Political ecology and transformation: ‘the point is to change it’


[Notes on ‘political ecology’ submitted as an invited Contributing Author for the forthcoming Transformative Change assessment being developed by the Intergovernmental Platform on Biodiversity and Ecosystem Services (IPBES).]

 

The distinctive field of study that has become known as ‘Political Ecology’ seeks not only understand socio-ecological concerns, but also to conceptualise alternatives for transforming the world in ways that may better sustain flourishing and diverse socio-ecologies into the future. Critical to this effort is understanding relationships between environmental damage and inequality; as well as understanding how environmental degradation – and also discourses of degradation – may exacerbate inequality.

An arguably defining feature of political ecology is thus the desire of its protagonists to not only understand and interpret the world, but also to act in the hope of changing things such that societal and environmental ‘health’ are improved, simultaneously. This is an orientation summed up by Marx (1845) in the dictum, ‘the point is to change it’. The consolidation of political ecology as both a field of study that has increasingly embraced and contributed to forms of decolonisation, and a mode of political engagement concerned with procedural, distributive and recognition justice1, can be seen in a series of initiatives established under the political ecology umbrella. These include: the global Political Ecology Network (POLLEN); the open access Journal of Political Ecology; and the Environmental Justice Atlas (also https://ejatlas.org/). As these initiatives demonstrate, a concern has been to decolonise and democratise the field of study through diversifying scholarship, leadership and research, as well as placing emphasis on wide-ranging societal responses and resistances to environmental justice issues.

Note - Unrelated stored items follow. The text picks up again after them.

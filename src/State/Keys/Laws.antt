-- ===== src/State/Keys/Laws.antt =====
-- The master key of src/mr_hide/state/keys.py is the one in the keyring.
-- A key that the text in the keyring stands for.
use mr_hide.Prelude.{
  ltb, ◌==◌, if◌then◌else◌, ==_iff, Bool-cases, length, all, Text, text_eq_iff, ◌≡◌, refl, sym, ap,
  subst, ◌∙◌, inl, inr, Bool, true, false, not, ◌&&◌, Option, none, some, text_eq,
}
use mr_hide.Errors.{
  Reason, master_key_write_failed, master_key_lock_failed, vault_directory_unavailable, Error,
  privacy, vault, runtime, responses, messages, malformed, builtin, Result, err, ok, ◌>>=◌, ◌>>◌,
  raise_if, >>=-eq-ok, after_guard, ok-injective, err≢ok,
}
use mr_hide.State.Store.{Bytes, LockReply, acquired, refused, unreleased}
use mr_hide.State.Leaves.{CodecLibrary, master_key_bytes, as_vault}
use mr_hide.State.Keys.{
  Ring, approved, KeyEnv, decode_master_key, approved_backend, read_ring, existing_key,
  load_existing, same_digest, is_confirmed, confirm, store_key, created_from, found_or_created,
  under_lock, with_lock, get_or_create,
}

abbrev pub IsKept : CodecLibrary → Bytes → Ring → Type 0
IsKept l key ring = (t : Text) × (ring ≡ some t) × (decode_master_key l t ≡ ok key)

same_digest-ok : (l : CodecLibrary) (a b : Text) → same_digest l a b ≡ ok true → a ≡ b
unfolding same_digest
same_digest-ok l a b h = elim (Bool-cases (all (λ c. ltb c 128) a && all (λ c. ltb c 128) b)) [
  | inl e ↦
      (text_eq_iff a b).0
        (ok-injective (subst (λ x. (if x then ok (text_eq a b) else err malformed) ≡ ok true) e h))
  | inr e ↦
      absurd (err≢ok (subst (λ x. (if x then ok (text_eq a b) else err malformed) ≡ ok true) e h))
]

is_confirmed-ok :
    (l : CodecLibrary) (found : Ring) (t : Text) → is_confirmed l found t ≡ ok true → found ≡ some t
unfolding is_confirmed
is_confirmed-ok l none t h = cc
is_confirmed-ok l (some confirmed) t h = ap some (same_digest-ok l confirmed t h)

read_ring-ok :
    (l : CodecLibrary) (returns : Bool) (ring found : Ring)
    → read_ring l returns ring ≡ ok found
    → found ≡ ring
unfolding read_ring
read_ring-ok l true ring found h = sym (ok-injective h)
read_ring-ok l false ring found h = cc

guard_true : (b : Bool) (e : Error) → not b ≡ false → b ≡ true
guard_true true e h = refl
guard_true false e h = cc

confirm-ok :
    (l : CodecLibrary) (env : KeyEnv) (g : Bytes) (t : Text) (ring : Ring) (key : Bytes)
    → confirm l env g t ring ≡ ok key
    → (ring ≡ some t) × (g ≡ key)
unfolding confirm
confirm-ok l env g t ring key h =
    let (found, read, h1) = >>=-eq-ok (read_ring l env.second_read ring) checked h in
    let (confirmed, same, h2) = >>=-eq-ok (is_confirmed l found t) guarded h1 in
    let (passed, h3) = after_guard (not confirmed) (vault master_key_write_failed) (ok g) h2 in
    let good = guard_true confirmed (vault master_key_write_failed) passed in
    (
      sym (read_ring-ok l env.second_read ring found read)
          ∙ is_confirmed-ok l found t (same ∙ ap ok good),
      ok-injective h3,
    )
  where
    guarded : Bool → Result Bytes
    guarded confirmed = raise_if (not confirmed) (vault master_key_write_failed) >> ok g

    checked : Ring → Result Bytes
    checked found = is_confirmed l found t >>= guarded

as_vault-ok :
    {A : Type 0} (reason : Reason) (r : Result A) {a : A} → as_vault reason r ≡ ok a → r ≡ ok a
as_vault-ok reason (ok a) h = h
as_vault-ok reason (err malformed) h = cc
as_vault-ok reason (err builtin) h = cc
as_vault-ok reason (err (privacy r)) h = cc
as_vault-ok reason (err (vault r)) h = cc
as_vault-ok reason (err (runtime r)) h = cc
as_vault-ok reason (err (responses r)) h = cc
as_vault-ok reason (err (messages r)) h = cc

module _ (l : CodecLibrary) (again : (b : Bytes) → l.b64_decode (l.b64_encode b) ≡ ok b)
    (env : KeyEnv) (sized : (g : Bytes) → env.random ≡ some g → length g ≡ master_key_bytes) where
  decode-encode :
      (g : Bytes) → length g ≡ master_key_bytes → decode_master_key l (l.b64_encode g) ≡ ok g
  unfolding decode_master_key
  decode-encode g size =
      let e : (length g == master_key_bytes) ≡ true = (==_iff (length g) master_key_bytes).1 size in
      rw (again g, e) refl

  store_key-IsKept :
      (g : Bytes) (ring : Ring) (key : Bytes)
      → length g ≡ master_key_bytes
      → (store_key l env g ring).1 ≡ ok key
      → IsKept l key (store_key l env g ring).0
  unfolding store_key
  store_key-IsKept g ring key size h =
      elim (Bool-cases (env.set_password (l.b64_encode g) ring).1) [
        | inl e ↦
            let (kept, same) =
              confirm-ok l env g (l.b64_encode g) (env.set_password (l.b64_encode g) ring).0 key (
                subst
                  (λ x.
                    (if x
                      then confirm l env g (l.b64_encode g)
                          (env.set_password (l.b64_encode g) ring).0
                      else err (vault master_key_write_failed))
                    ≡ ok key)
                  e h) in
            (l.b64_encode g, kept, decode-encode g size ∙ ap ok same)
        | inr e ↦ absurd (
            err≢ok (
              subst
                (λ x.
                  (if x
                    then confirm l env g (l.b64_encode g) (env.set_password (l.b64_encode g) ring).0
                    else err (vault master_key_write_failed))
                  ≡ ok key)
                e h))
      ]

  created_from-IsKept :
      (random : Option Bytes) (ring : Ring) (key : Bytes)
      → env.random ≡ random
      → (created_from l env random ring).1 ≡ ok key
      → IsKept l key (created_from l env random ring).0
  unfolding created_from
  created_from-IsKept none ring key e h = absurd (err≢ok h)
  created_from-IsKept (some g) ring key e h = store_key-IsKept g ring key (sized g e) h

  found_or_created-IsKept :
      (read : Result Ring) (ring : Ring) (key : Bytes)
      → ((found : Ring) → read ≡ ok found → found ≡ ring)
      → (found_or_created l env read ring).1 ≡ ok key
      → IsKept l key (found_or_created l env read ring).0
  unfolding found_or_created
  found_or_created-IsKept (err e) ring key same h = absurd (err≢ok h)
  found_or_created-IsKept (ok none) ring key same h = created_from-IsKept env.random ring key refl h
  found_or_created-IsKept (ok (some t)) ring key same h = (t, sym (same (some t) refl), h)

  with_lock-IsKept :
      (reply : LockReply) (ring : Ring) (key : Bytes)
      → (with_lock l env reply ring).1 ≡ ok key
      → IsKept l key (with_lock l env reply ring).0
  unfolding with_lock under_lock
  with_lock-IsKept refused ring key h = absurd (err≢ok h)
  with_lock-IsKept unreleased ring key h = absurd (err≢ok h)
  with_lock-IsKept acquired ring key h =
      found_or_created-IsKept read ring key same
        (as_vault-ok master_key_lock_failed (found_or_created l env read ring).1 h)
    where
      read : Result Ring
      read = approved_backend l env >> read_ring l env.first_read ring

      same : (found : Ring) → read ≡ ok found → found ≡ ring
      same found e =
          let (u, _, e1) =
            >>=-eq-ok (approved_backend l env) (λ x. read_ring l env.first_read ring) e in
          read_ring-ok l env.first_read ring found e1

  get_or_create-IsKept :
      (ring : Ring) (key : Bytes)
      → (get_or_create l env ring).1 ≡ ok key
      → IsKept l key (get_or_create l env ring).0
  unfolding get_or_create
  get_or_create-IsKept ring key h = elim (Bool-cases env.directory) [
    | inl e ↦
        subst (λ x. IsKept l key (entered x).0) (sym e)
          (with_lock-IsKept env.lock (env.others ring) key
            (subst (λ x. (entered x).1 ≡ ok key) e h))
    | inr e ↦ absurd (err≢ok (subst (λ x. (entered x).1 ≡ ok key) e h))
  ]
    where
      entered : Bool → Ring × Result Bytes
      entered x =
          if x
          then with_lock l env env.lock (env.others ring)
          else (ring, err (vault vault_directory_unavailable))

  -- If base64 is undone by its inverse, and `os.urandom` returns as many bytes as it was asked for:
  -- the key that `get_or_create` returns, found or created, whatever the keyring does, is the one that
  -- `load_existing` returns in any call that finds the keyring as it was left, with an approved
  -- backend that can be read.
  pub load_existing-get_or_create :
      (ring : Ring) (key : Bytes) (later : KeyEnv)
      → (get_or_create l env ring).1 ≡ ok key
      → later.backend ≡ approved
      → later.first_read ≡ true
      → load_existing l later (get_or_create l env ring).0 ≡ ok key
  unfolding load_existing approved_backend read_ring existing_key
  load_existing-get_or_create ring key later h b r =
      let (t, held, decoded) = kept in rw (b, r, held) decoded
    where
      kept : IsKept l key (get_or_create l env ring).0
      kept = get_or_create-IsKept ring key h
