-- ===== src/State/Keys/Examples.antt =====
-- The theorem about src/mr_hide/state/keys.py at an empty keyring.
use mr_hide.Prelude.{length, ◌≡◌, refl, subst, true, none, some, text_eq}
use mr_hide.Errors.{ok}
use mr_hide.Fixtures.{library, key_bytes}
use mr_hide.State.Leaves.{master_key_bytes}
use mr_hide.State.Store.{Bytes, acquired}
use mr_hide.State.Keys.{
  approved, KeyEnv, approved_backend, read_ring, load_existing, same_digest, is_confirmed, confirm,
  store_key, created_from, found_or_created, under_lock, with_lock, get_or_create,
}
use mr_hide.State.Keys.Laws.{load_existing-get_or_create}

abbrev fresh : KeyEnv
fresh = record {
  others = λ ring. ring;
  directory = true;
  lock = acquired;
  backend = approved;
  first_read = true;
  second_read = true;
  random = some key_bytes;
  set_password = λ t ring. (some t, true);
}

some-injective : {A : Type 0} {a b : A} → some a ≡ some b → a ≡ b
some-injective e = cc

fresh_random_sized : (g : Bytes) → fresh.random ≡ some g → length g ≡ master_key_bytes
fresh_random_sized g same = subst (λ x. length x ≡ master_key_bytes) (some-injective same) refl

created : (get_or_create library fresh none).1 ≡ ok key_bytes
unfolding get_or_create with_lock under_lock found_or_created created_from store_key confirm
    is_confirmed same_digest read_ring approved_backend library text_eq
created = refl

load_existing-get_or_create_example :
    load_existing library fresh (get_or_create library fresh none).0 ≡ ok key_bytes
load_existing-get_or_create_example =
    load_existing-get_or_create library (λ b. unfold library in refl) fresh fresh_random_sized none
      key_bytes fresh created refl refl
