-- ===== src/State/Lifecycle/Process.antt =====
-- `process` of src/mr_hide/state/lifecycle.py.
use mr_hide.Prelude.{if◌then◌else◌, Text, ℕ, Bool, true, false, not, ◌&&◌, Option, none, some, List}
use mr_hide.Errors.{policy_mode_mismatch, privacy, Result, err, ok, ◌>>=◌}
use mr_hide.Policy.{
  SubstitutionMode, PolicyAction, protect, restore_known, pass_through, WarningCode,
  conversation_bypass_active, PolicyDecision, same_mode,
}
use mr_hide.Privacy.Unicode.{Unicode}
use mr_hide.Privacy.Models.{DetectedSpan}
use mr_hide.Privacy.Scoring.{character_scorer}
use mr_hide.Privacy.Mapping.{MappingTable}
use mr_hide.Privacy.Mapping.Transform.{transform_text}
use mr_hide.Privacy.Mapping.Restore.{restore_text}
use mr_hide.State.Models.{UuidLibrary, Identifier, parse_conversation_id, ConversationState}
use mr_hide.State.Store.{Io, given, and_then, pure}
use mr_hide.State.Repository.{Codec}
use mr_hide.State.Lifecycle.{
  protected_status, bypassed_status, ConversationResult, blocked, Loaded, active, stopped, World,
  load_active, commit_text,
}

abbrev pub is_protect : PolicyAction → Bool
is_protect protect = true
is_protect _ = false

module _ (u : Unicode) (ipv6 : ℕ → Text) where
  -- the text and the mappings that the `try` leaves
  unfoldable pub rewritten :
      ConversationState
      → Text
      → List DetectedSpan
      → PolicyAction
      → SubstitutionMode
      → Result (Text × MappingTable)
  rewritten state t detections protect mode = do
    transformed ← transform_text u ipv6 character_scorer mode state.mappings t detections
    ok (transformed.text, transformed.mappings)
  rewritten state t detections restore_known mode = do
    output ← restore_text t state.mappings
    ok (output, state.mappings)
  rewritten state t detections pass_through mode = ok (t, state.mappings)

module _ (u : Unicode) (ipv6 : ℕ → Text) (codec : Codec) (world : World) where
  -- `except PrivacyProcessingError`, or the commit
  unfoldable pub commit_rewritten :
      ConversationState
      → ℕ
      → Option WarningCode
      → Result (Text × MappingTable)
      → Io ConversationResult
  commit_rewritten state n warning_code (ok (output, mappings)) files =
      commit_text codec world state output (some mappings) protected_status warning_code files
  commit_rewritten state n warning_code (err (privacy reason)) files =
      (files, ok (blocked n reason))
  commit_rewritten state n warning_code (err e) files = (files, err e)

  unfoldable pub process_state :
      ℕ → Text → List DetectedSpan → PolicyDecision → ConversationState → Io ConversationResult
  process_state n t detections decision state =
      if state.bypassed
      then commit_text codec world state t none bypassed_status (some conversation_bypass_active)
      else if is_protect decision.action && not (same_mode decision.substitution_mode state.mode)
      then pure (blocked n policy_mode_mismatch)
      else commit_rewritten state n decision.warning_code
          (rewritten u ipv6 state t detections decision.action decision.substitution_mode)

  unfoldable pub process_loaded :
      ℕ → Text → List DetectedSpan → PolicyDecision → Loaded → Io ConversationResult
  process_loaded n t detections decision (stopped r) = pure r
  process_loaded n t detections decision (active state) =
      process_state n t detections decision state

  unfoldable pub process :
      UuidLibrary → Identifier → Text → List DetectedSpan → PolicyDecision → Io ConversationResult
  process library identifier t detections decision =
      given (parse_conversation_id library identifier)
        (λ n. and_then (load_active codec world n) (process_loaded n t detections decision))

Political ecologists consider how ecological phenomena become part of political discourse and action, as well as how politics and power shape and cause environmental change. Some decades ago, concerns with how political economy structures causes and experiences of environmental degradation prompted a consolidated use of the term ‘political ecology2. Marxist political ecologists understood that intensified and expanding production and consumption have environmental consequences whose effects tend to be experienced disproportionately by those impoverished through this expansionary momentum3. From a Marxist political ecology perspective, transforming both the social and environmental consequences of a consolidating and globalising techno-industrial, and variously capitalist, complex would require firm alliances between worker and green interests – as argued by German green politician Rudolf Bahro4. This position is echoed in environmental and climate justice movements seeking reparation for historical damage caused by capitalist-fuelled colonial enterprise and expansion5, and in concerns for how climate change and other mitigation exchanges tend to deepen rather than redress inequalities6.

As a distinct field of study seeking to understand environmental issues and their political economic causes and consequences, political ecology began gathering pace in the 1990s amidst the context of the so-called ‘science wars’ of that decade7. Detailed research in the interconnected domains of environmental anthropology and critical geography – the disciplinary homes for many who might describe themselves as ‘political ecologists’ – demonstrated that diverse ‘received wisdoms’ about environmental phenomena, in response to which economic and development policies were being designed, could be understood instead as knowledge constructions built discursively with significant power-effects in terms of access to land and ‘resources’8.

An example that is both current and recurring might be African pastoralists blamed for causing ‘desertification’ or impacting negatively on valued animal wildlife; these accusations justifying constraint on local uses of land whilst simultaneously facilitating capture of these same lands by lodge developers or hunting professionals seeking to attract foreign tourism business onto the thus ‘conserved’ lands. Indeed, as I write such cases are unfolding in Loliondo and Lake Natron areas of Tanzania, where actions to ‘upgrade’ village land to Game Reserves for trophy hunting and elite tourism mean that evicted Maasai pastoralists will no longer be able to utilise these lands (considered their lands) for livestock herding9.

 

This Foucaultian-inspired orientation towards empirical understanding of the constructed nature of dominant environmental knowledges and discourses has been key to the progressive emergence of the field of ‘political ecology’10. It has been accompanied by a parallel focus on environmental and social movements seeking to transform the unequal causes and impacts of environmental concerns11; as well as on protest against the transmutation of these concerns into ‘top-down’ donor-funded responses claiming to be led from the grass-roots12.

In showing that knowledges and certainties concerning the ‘natural world’ are socially, politically and historically particular, political ecologists have worked to ‘unpack’, ‘deconstruct’ and ‘problematise’ understandings of environmental phenomena so as to illuminate their power-effects and justice implications13. This emphasis on diversity in affirmed and assumed knowledges regarding ‘the natural world’, has led political ecology scholars and activists to increasingly acknowledge that totalising signifiers such as ‘nature’, ‘the environment’, and ‘degradation’ of these, denote things that ‘in [both] discourse and practice [are] socially made, not ontologically given’14. Indeed, a move towards critical ontological considerations has intensified as researchers have dug more deeply into divergences regarding the assumed nature of nature, as indicated by culturally-inflected understandings of socioecologies15, as well as in relation to other and intersecting axes of difference16.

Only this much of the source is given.